I'm just pausing to consider if the 50 minute $15/month plan is too restrictive even for my limited phone use. I might add the evenings and weekends unlimited for $5/ month with Fido. The next step up would be the $17.50 plus $6.95 SAF plan with Rogers that gives 200 minutes and the free evenings and weekends. Both seem to be happy to do this with Data shut off and no data plan. Any of these three plans is a pretty affordable cellphone with what amounts to a built in WiFi capable Ipod touch for $250.
Larry


----------



## koreancabbage (Aug 1, 2008)

its been llike that from day one.

all you had to do was ask them the sales reps on the phone. even further, you could have read post after post of customer's experiences or even read on the Rogers website.

On the rogers website, when it was first released said you don't have to get the data plan. all you have to do is pay the 250 or 350 for the 8 or 16 gb phones. Lots of people assumed you had to and didn't ask/ read information posted. 

if you read, like me, about not having to get the data plan on the website, then this thread didn't have to be opened.


----------



## DDKD726 (Feb 21, 2005)

So you're upset there's a thread open about something you already knew about? 

Personally i'd rather read about it here then trying to find the information on Rogers website...

Inorman - I think you can change the plan without much fuss if you find the $15 plan isn't sufficient for your needs.


----------



## koreancabbage (Aug 1, 2008)

DDKD726 said:


> So you're upset there's a thread open about something you already knew about?
> 
> Personally i'd rather read about it here then trying to find the information on Rogers website...
> 
> Inorman - I think you can change the plan without much fuss if you find the $15 plan isn't sufficient for your needs.


i'm not upset, it was posted RIGHT next to the iphone plans when it was first released. i'm just dumbfounded people assumed u had to without asking first.

THOUGH...i know the sales reps at Rogers, i overheard her Blatantly lying to customers about mandatory of getting the iphones with the data plan- which ain't right at all. people run on commission i'm assuming on the plans they dish out. 

you don't get charged for upgrading a plan in terms of pricepoints but you get charged for downgrading a plan in price-points


----------



## JustAMacUser (Oct 21, 2007)

koreancabbage said:


> i'm just dumbfounded people assumed u had to without asking first.


There have been some changes recently to Rogers and Fido plans, it doesn't hurt to have "another" thread to help people who might be "dumbfounded" (as you say) discover all of the options available to them. That's what this community is for, after all.


----------



## lnorman (Nov 12, 2007)

DDKD726 said:


> Inorman - I think you can change the plan without much fuss if you find the $15 plan isn't sufficient for your needs.

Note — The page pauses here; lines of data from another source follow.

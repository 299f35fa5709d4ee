-- ===== src/Watchdog/Steps.antt =====
-- What the loop watchdog does over any sequence of steps (cores/epoxy/esp32_wdt.cpp).
use epoxy_duino.Base.{
  ℕ, ◌+◌, ◌%◌, ◌^◌, ◌≤◌, ◌≡◌, refl, ap, Bool, Bool-cases, inl, inr, true, false, not, ◌||◌,
  if◌then◌else◌, leb, ltb, ◌==◌, List, [], ◌∷◌, Option, none, some, arith,
}
use epoxy_duino.Watchdog.{
  Watchdog, Expiry, expiry, start_monitor, enable_loop_wdt, disable_loop_wdt, feed_loop_wdt,
  loop_wdt_set_timeout, loop_wdt_set_expiry_handler, monitor, monitor_all,
}

abbrev pub count : {A : Type 0} → Option A → ℕ
count none = 0
count (some a) = 1

-- A step, with how often it enables the watchdog and how often it expires.
pub data Step : Watchdog → ℕ → ℕ → Watchdog → Type 0 where
  enabled : (env : Option ℕ) (now : ℕ) (w : Watchdog) → Step w 1 0 (enable_loop_wdt env now w)
  disabled : (w : Watchdog) → Step w 0 0 (disable_loop_wdt w)
  fed : (now : ℕ) (w : Watchdog) → Step w 0 0 (feed_loop_wdt now w)
  timed : (ms : ℕ) (w : Watchdog) → Step w 0 0 (loop_wdt_set_timeout ms w)
  handled : (h : Option ℕ) (w : Watchdog) → Step w 0 0 (loop_wdt_set_expiry_handler h w)
  polled : (now : ℕ) (w : Watchdog) → Step w 0 (count (monitor now w).0) (monitor now w).1

pub data Steps : Watchdog → ℕ → ℕ → Watchdog → Type 0 where
  rest : (w : Watchdog) → Steps w 0 0 w
  next : (w v u : Watchdog) (m n a b : ℕ) → Steps w m n v → Step v a b u → Steps w (m + a) (n + b) u

-- 1 while the watchdog is armed
abbrev pub armed_count : Watchdog → ℕ
armed_count w = if w.armed then 1 else 0

count-monitor :
    (now : ℕ) (w : Watchdog)
    → count (monitor now w).0 + armed_count (monitor now w).1 ≡ armed_count w
unfolding monitor
count-monitor now w = ground arith

Step-count : {w v : Watchdog} {a b : ℕ} → Step w a b v → b + armed_count v ≤ a + armed_count w
unfolding enable_loop_wdt disable_loop_wdt feed_loop_wdt loop_wdt_set_timeout
    loop_wdt_set_expiry_handler
Step-count (enabled env now w) = ground arith
Step-count (disabled w) = ground arith
Step-count (fed now w) = ground arith
Step-count (timed ms w) = ground arith
Step-count (handled h w) = ground arith
Step-count (polled now w) = omega (arith, count-monitor now w)

-- Over any sequence of steps the watchdog expires no more often than it was enabled, and if it was
-- armed at the start, once more; and once less if it is still armed at the end.
pub expiries_le : {w v : Watchdog} {m n : ℕ} → Steps w m n v → n + armed_count v ≤ m + armed_count w
expiries_le (rest w) = omega arith
expiries_le (next w v u m' n' a b before step) = omega (arith, expiries_le before, Step-count step)

-- the first of the times that is later than a limit
abbrev pub first_after : ℕ → List ℕ → Option ℕ
first_after limit [] = none
first_after limit (now ∷ later) = if ltb limit now then some now else first_after limit later

-- the expiry at a time, if there is one
abbrev pub expiry_at : Expiry → Option ℕ → List (ℕ × Expiry)
expiry_at x none = []
expiry_at x (some now) = (now, x) ∷ []

-- nothing expires: the watchdog is not armed, or has no timeout
abbrev quiet : Watchdog → Bool
quiet w = not w.armed || w.timeout_ms == 0

monitor-quiet : (now : ℕ) (w : Watchdog) → quiet w ≡ true → monitor now w ≡ (none, w)
unfolding monitor
monitor-quiet now w h = ground arith

monitor_waiting :
    (now : ℕ) (w : Watchdog)
    → quiet w ≡ false
    → ltb (w.last_feed_ms + w.timeout_ms) now ≡ false
    → monitor now w ≡ (none, w)
unfolding monitor
monitor_waiting now w h early = ground arith

monitor_late :
    (now : ℕ) (w : Watchdog)
    → quiet w ≡ false
    → ltb (w.last_feed_ms + w.timeout_ms) now ≡ true
    → monitor now w ≡ (some (expiry w.expiry_handler), record w { armed = false })
unfolding monitor
monitor_late now w h late =
    let over : leb now (w.last_feed_ms + w.timeout_ms) ≡ false = ground arith in rw (h, over) refl

monitor_all-quiet : (times : List ℕ) (w : Watchdog) → quiet w ≡ true → monitor_all times w ≡ []
unfolding monitor_all
monitor_all-quiet [] w h = refl
monitor_all-quiet (now ∷ later) w h =
    rw (monitor_all, monitor-quiet now w h, monitor-quiet now w h) (monitor_all-quiet later w h)

monitor_all_on :
    (times : List ℕ) (w : Watchdog)
    → quiet w ≡ false
    → monitor_all times w
      ≡ expiry_at (expiry w.expiry_handler) (first_after (w.last_feed_ms + w.timeout_ms) times)
unfolding monitor_all
monitor_all_on [] w h = refl
monitor_all_on (now ∷ later) w h = elim (Bool-cases (ltb (w.last_feed_ms + w.timeout_ms) now)) [
  | inl late ↦
      rw (monitor_all, monitor_late now w h late, monitor_late now w h late, late)
        (ap (◌∷◌ (now, expiry w.expiry_handler))
          (monitor_all-quiet later (record w { armed = false }) refl))
  | inr early ↦
      rw (monitor_all, monitor_waiting now w h early, monitor_waiting now w h early, early)
        (monitor_all_on later w h)
]

-- While nothing else happens, the rounds of the monitor call what stands for the expiry once, at the
-- first of them that comes later than the timeout after the last feed. They call nothing if there
-- is no such round, if the watchdog is not armed, or if the timeout is 0.
monitor_all_lem :
    (times : List ℕ) (w : Watchdog)
    → monitor_all times w ≡ (
        if not w.armed || w.timeout_ms == 0
        then []
        else expiry_at
            (expiry w.expiry_handler)
            (first_after (w.last_feed_ms + w.timeout_ms) times))
monitor_all_lem times w = elim (Bool-cases (quiet w)) [
  | inl off ↦ rw off (monitor_all-quiet times w off)
  | inr on ↦ rw on (monitor_all_on times w on)
]

-- A timeout that was set explicitly is kept when the watchdog is enabled, and the environment counts
-- at most the first time that it is.
pub enable_loop_wdt_lem :
    (env env' : Option ℕ) (now now' ms : ℕ) (w : Watchdog)
    → ((enable_loop_wdt env now (loop_wdt_set_timeout ms w)).timeout_ms ≡ ms % 2 ^ 32)
      × ((enable_loop_wdt env' now' (enable_loop_wdt env now w)).timeout_ms
          ≡ (enable_loop_wdt env now w).timeout_ms)
unfolding enable_loop_wdt start_monitor loop_wdt_set_timeout
enable_loop_wdt_lem none env' now now' ms w = (ground arith, ground arith)
enable_loop_wdt_lem (some t) env' now now' ms w = (ground arith, ground arith)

Thanks, I'm sure that's true, I just need to figure out whether to get on board with FIDO or Rogers at this basic level. If I decide I just can't live without more airtime or a Data package, who will be better to upgrade with??
I think I might also get a bit of a discount with Rogers since I have one cell phone with them already and my home cable.
Larry


----------



## DDKD726 (Feb 21, 2005)

Does Rogers offer per second billing? I know Fido does for sure...


----------



## JustAMacUser (Oct 21, 2007)

I find Fido offers overall better deals: Per second billing and no SAF. Rogers is basically per minute billing.

The thing Rogers has is a broader coverage area, which for Fido costs an additional $5/month. However, unless you live or are travelling to the boonies it's not a big deal.


----------



## imactheknife (Aug 7, 2003)

I was told that if I had no Data plan I would not be able to get my voice mail as it's data based only! so I need a data plan!


----------



## lnorman (Nov 12, 2007)

Lots of good questions! I did not know the coverage was different between Rogers and FIDO, I thought it was essentially the same network. I don't think Rogers does /sec billing so the 250 minutes might not go much farther than the 50 on FIDO as /sec. Do you get voice mail at all with these basic packages? if not, data or not may not affect this.
Still considering.


----------



## TheBat (Feb 11, 2005)

lnorman said:


> Still considering.


A rather inelegant, but cheap solution could be get a free phone with $100 airtime purchase at 7-11 (which works on the Rogers / Fido network). The $100 is good for 1 year, and at 20c/min, will give 42 min/month. No SAF. Caller ID, voicemail included. 

Then buy an iPod Touch.

Like I said, inelegant......


----------



## lnorman (Nov 12, 2007)

Yes that might be the lowest cost solution, but at work I already have to carry a very low tech bulky portable phone, and I have been carrying a small pager. I would be willing to swap the pager for the iphone, especially for all the added functionality, but two phones and a touch and It'll start to feel like Batman utility belt. Simple and elegant is worth a few bucks to me.


----------



## JustAMacUser (Oct 21, 2007)

lnorman said:


> Lots of good questions! I did not know the coverage was different between Rogers and FIDO, I thought it was essentially the same network. I don't think Rogers does /sec billing so the 250 minutes might not go much farther than the 50 on FIDO as /sec. Do you get voice mail at all with these basic packages? if not, data or not may not affect this.
> Still considering.


Fido calls it "Expanded Coverage" or something to that effect.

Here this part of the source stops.